An die Worels dachte man schon längst nicht mehr. Einmal aber kam doch die Rede auf sie, und mein Bruder sagte: ›Wie ich höre, ist es ihnen eine Zeitlang ganz gut gegangen. Er ist ja wirklich ein geschickter Mensch, und die ersteren Arbeiter in jener Kunsttischlerei sollen sehr gut bezahlt werden. Aber in seiner Familie hatte er Unglück. Die Olga, die in Blansek die Bewerbungen eines unserer Forstleute schnöd zurückgewiesen, hat sich in der Stadt mit dem Sohn eines reichen Fabrikanten[25] eingelassen. Er soll ihr die Ehe versprochen haben. Als sie aber durch ihn in andere Umstände gekommen war, verließ er sie. Man sagt, es sei eine böse Geschichte gewesen, denn Papa Worel wollte es mit Gewalt durchsetzen, daß sie der junge Herr zu seiner Frau mache.

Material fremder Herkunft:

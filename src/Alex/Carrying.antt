-- ===== src/Alex/Carrying.antt =====
-- The way back: the replies of the firmware (alex/usart.ino) in a receiving thread, the handlers of
-- which are parameters.
use cg2111a_b.Base.{
  ℕ, ◌≤◌, ◌≡◌, refl, ap, sym, ◌∙◌, arith, List, [], ◌∷◌, ◌++◌, append-nil, append_assoc, some,
  length, take, take-append, length-append, All, All-append,
}
use cg2111a_b.Packet.{Packet, packet_bytes}
use cg2111a_b.Packet.Layout.{IsPacket, as_packet-packet_bytes, length-packet_bytes}
use cg2111a_b.Serialize.{Result}
use cg2111a_b.Serialize.Pending.{pending}
use cg2111a_b.Serialize.Roundtrip.{frame}
use cg2111a_b.Link.{Read, Thread, receive}
use cg2111a_b.Link.Stream.{Sent, IsSent, stream, all_bytes, Fits}
use cg2111a_b.Link.Turns.{IsRunning, handle_all}
use cg2111a_b.Link.Delivery.{receive-stream}
use cg2111a_b.Pi.Arrival.{cast}
use cg2111a_b.Alex.{Alex, World}
use cg2111a_b.Alex.Sensors.{sensor_out}
use cg2111a_b.Alex.Commands.{handle_packet}
use cg2111a_b.Alex.Wires.{wires, AreReplies}
use cg2111a_b.Alex.Answers.{replies, handle_packet-Answers}
use cg2111a_b.Alex.Typed.{IsTyped}
use cg2111a_b.Alex.Framing.{Framing}

-- The bytes of writes, of which the last comes first, in the order of writing.
abbrev pub in_order : List (List ℕ) → List ℕ
in_order [] = []
in_order (bytes ∷ older) = in_order older ++ bytes

abbrev order : List Sent → List Sent
order [] = []
order (m ∷ ms) = order ms ++ (m ∷ [])

stream-append : (ms ns : List Sent) → stream (ms ++ ns) ≡ stream ms ++ stream ns
stream-append [] ns = refl
stream-append (m ∷ ms) ns =
    ap (λ t. frame m.slot m.structure ++ t) (stream-append ms ns)
    ∙ sym (append_assoc (frame m.slot m.structure) (stream ms) (stream ns))

append_cancel : {A : Type 0} (xs ys zs : List A) → xs ++ zs ≡ ys ++ zs → xs ≡ ys
append_cancel xs ys zs e =
    let size : length xs ≡ length ys =
      omega (arith, ap length e, length-append xs zs, length-append ys zs) in
    sym (take-append xs zs)
    ∙ ap (take (length xs)) e
    ∙ ap (λ (n : ℕ). take n (ys ++ zs)) size
    ∙ take-append ys zs

-- The types and the commands of packets.
abbrev pub Coded : List (ℕ × ℕ) → List Packet → Type 0
Coded [] [] = Unit
Coded (code ∷ codes) (p ∷ ps) = (p.packet_type ≡ code.0) × (p.command ≡ code.1) × Coded codes ps
Coded _ _ = ⊥

module _ {S : Type 0} (handle : Packet → S → S) (on_error : Result → S → S) where
  -- The handler on packets of which the last comes first.
  abbrev pub seen : List Packet → S → S
  seen [] s = s
  seen (p ∷ ps) s = handle p (seen ps s)

  abbrev handler : List ℕ → S → S
  handler = cast handle on_error

  handle_all-append :
      (ms : List Sent) (m : Sent) (s : S)
      → handle_all handler on_error (ms ++ (m ∷ [])) s
        ≡ handler m.structure (handle_all handler on_error ms s)
  handle_all-append [] m s = refl
  handle_all-append (n ∷ ms) m s = handle_all-append ms m (handler n.structure s)

  -- Replies as messages of the link.
  record Carried (codes : List (ℕ × ℕ)) (bs : List (List ℕ)) : Type 0 where
    messages : List Sent
    packets : List Packet
    sent : All IsSent (order messages)
    bytes_ok : stream (order messages) ≡ in_order bs
    effect : (s : S) → handle_all handler on_error (order messages) s ≡ seen packets s
    coded : Coded codes packets

  carry :
      (w : World) (framing : Framing w) (codes : List (ℕ × ℕ)) (bs : List (List ℕ))
      → AreReplies w codes bs
      → Carried codes bs
  carry w framing [] [] h = record {
    messages = [];
    packets = [];
    sent = tt;
    bytes_ok = refl;
    effect = λ s. refl;
    coded = tt;
  }
  carry w framing [] (b ∷ bs) h = absurd h
  carry w framing (c ∷ cs) [] h = absurd h
  carry w framing (c ∷ cs) (b ∷ bs) (reply, rest) =
      let older = carry w framing cs bs rest in
      let p = reply.packet in
      let (slot, slot_shape, wire) = framing.sends reply.state p reply.shape in
      let m : Sent = record { slot = slot; structure = packet_bytes p } in
      record {
        messages = m ∷ older.messages;
        packets = p ∷ older.packets;
        sent =
            All-append IsSent (order older.messages) (m ∷ []) older.sent
              ((slot_shape, length-packet_bytes p reply.shape), tt);
        bytes_ok =
            stream-append (order older.messages) (m ∷ [])
            ∙ ap (λ t. t ++ (frame slot (packet_bytes p) ++ [])) older.bytes_ok
            ∙ ap (λ t. in_order bs ++ t) (append-nil _ ∙ sym wire ∙ sym reply.wire);
        effect = λ s.
            handle_all-append (order older.messages) m s
            ∙ ap (λ t. handler (packet_bytes p) t) (older.effect s)
            ∙ ap (λ q. handle q (seen older.packets s)) (as_packet-packet_bytes p reply.shape);
        coded = (reply.kind_ok, reply.command_ok, older.coded);
      }

  module _ (w : World) (framing : Framing w) (hi : ℕ)
      (high : (s : Alex w.Receiver) → w.pulse s sensor_out ≤ hi) (short : hi ≤ 6553)
      (packets : (s : Alex w.Receiver) → IsPacket (w.packet s)) where
    -- The bytes that the firmware wrote for one packet, however the reads cut them, are handled as
    -- the packets of its replies.
    pub receive-replies :
        (p : Packet) (s s' : Alex w.Receiver) (bs : List (List ℕ)) (t : Thread handler on_error)
        (rs : List Read)
        → IsTyped s
        → handle_packet w p s ≡ some s'
        → wires s'.calls ≡ bs ++ wires s.calls
        → IsRunning handler on_error t
        → pending t.receiver ≡ []
        → Fits rs
        → all_bytes rs ≡ in_order bs
        → (t' : Thread handler on_error) × (ps : List Packet) × (receive handler on_error t rs
            ≡ some t')
          × (t'.state ≡ seen ps t.state)
          × Coded (replies p) ps
          × (pending t'.receiver ≡ [])
    receive-replies p s s' bs t rs typed run new running empty fits cut =
        let (s1, run1, answered) = handle_packet-Answers w hi high short packets p s typed in
        let same : s1 ≡ s' = cc in
        let bytes_same : answered.replies ≡ bs =
          append_cancel answered.replies bs (wires s.calls)
            (sym answered.new ∙ ap (λ a. wires a.calls) same ∙ new) in
        let carried = carry w framing (replies p) answered.replies answered.ok in
        let (t', ran, state, left) =
          receive-stream handler on_error t rs (order carried.messages) running carried.sent fits (
            ap (λ q. q ++ all_bytes rs) empty
            ∙ cut
            ∙ ap in_order (sym bytes_same)
            ∙ sym carried.bytes_ok) in
        (t', carried.packets, ran, state ∙ carried.effect t.state, carried.coded, left)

Aber es nützte nichts; sie mußten sich mit einer nicht unansehnlichen Abfindungssumme zufrieden geben. Aber da war auch gleich ein Schwindler da, der die Vaterschaft und auch das Kapital auf sich nahm, indem er Olga heiratete. Er hatte die Absicht, eine Fabrik Zu errichten, in der alte Tuchreste zu frischen Stoffen verarbeitet werden sollten. Nach ein paar Jahren war das Geld zum Teufel gegangen, und da auch Wechselfälschungen mitspielten, kam der Herr Gemahl ins Zuchthaus. So mußte die Olga mit zwei Kindern zu ihrem Vater flüchten. Und der Schlingel von Sohn ist natürlich nicht einmal durch die zweite Gymnasialklasse gekommen. Er hat sich dem Violinspielen gewidmet, um es darin, wie der Alte versichern soll, zur Meisterschaft zu bringen. Nun, wir werden ja sehen.‹

Nicht lange nach diesem Gespräch wies mir mein Bruder ein Schreiben vor, das er eben von Worel erhalten hatte. Dieser teilte darin mit, daß er unverschuldet in eine große Notlage geraten sei, die jetzt um so drückender geworden, als ihn seine Frau wieder mit einem Kinde – einem Knaben, beschenkt habe. Er bitte daher, ihm einen Vorschuß von dreihundert Gulden zu gewähren, welche Summe er in kleinen Monatsraten dankbarst von seiner Pension zurückerstatten werde.

›Was wirst du tun?‹ fragte ich.

›Auf Ratengeschäfte lasse ich mich nicht ein‹, erwiderte mein Bruder. ›Aber ich werde ihm das Geld schicken, damit er sieht, daß man ihm nichts nachträgt.‹

›Weißt du was?‹ sagte ich. ›Ich muß dieser Tage ohnehin nach der Stadt fahren, und werde ihm das Geld überbringen.‹

Mein Bruder sah mich etwas erstaunt an. Da ich aber[26] erklärte, es interessiere mich, die Verhältnisse kennen zu lernen, in denen die Leute jetzt lebten, so stimmte er zu.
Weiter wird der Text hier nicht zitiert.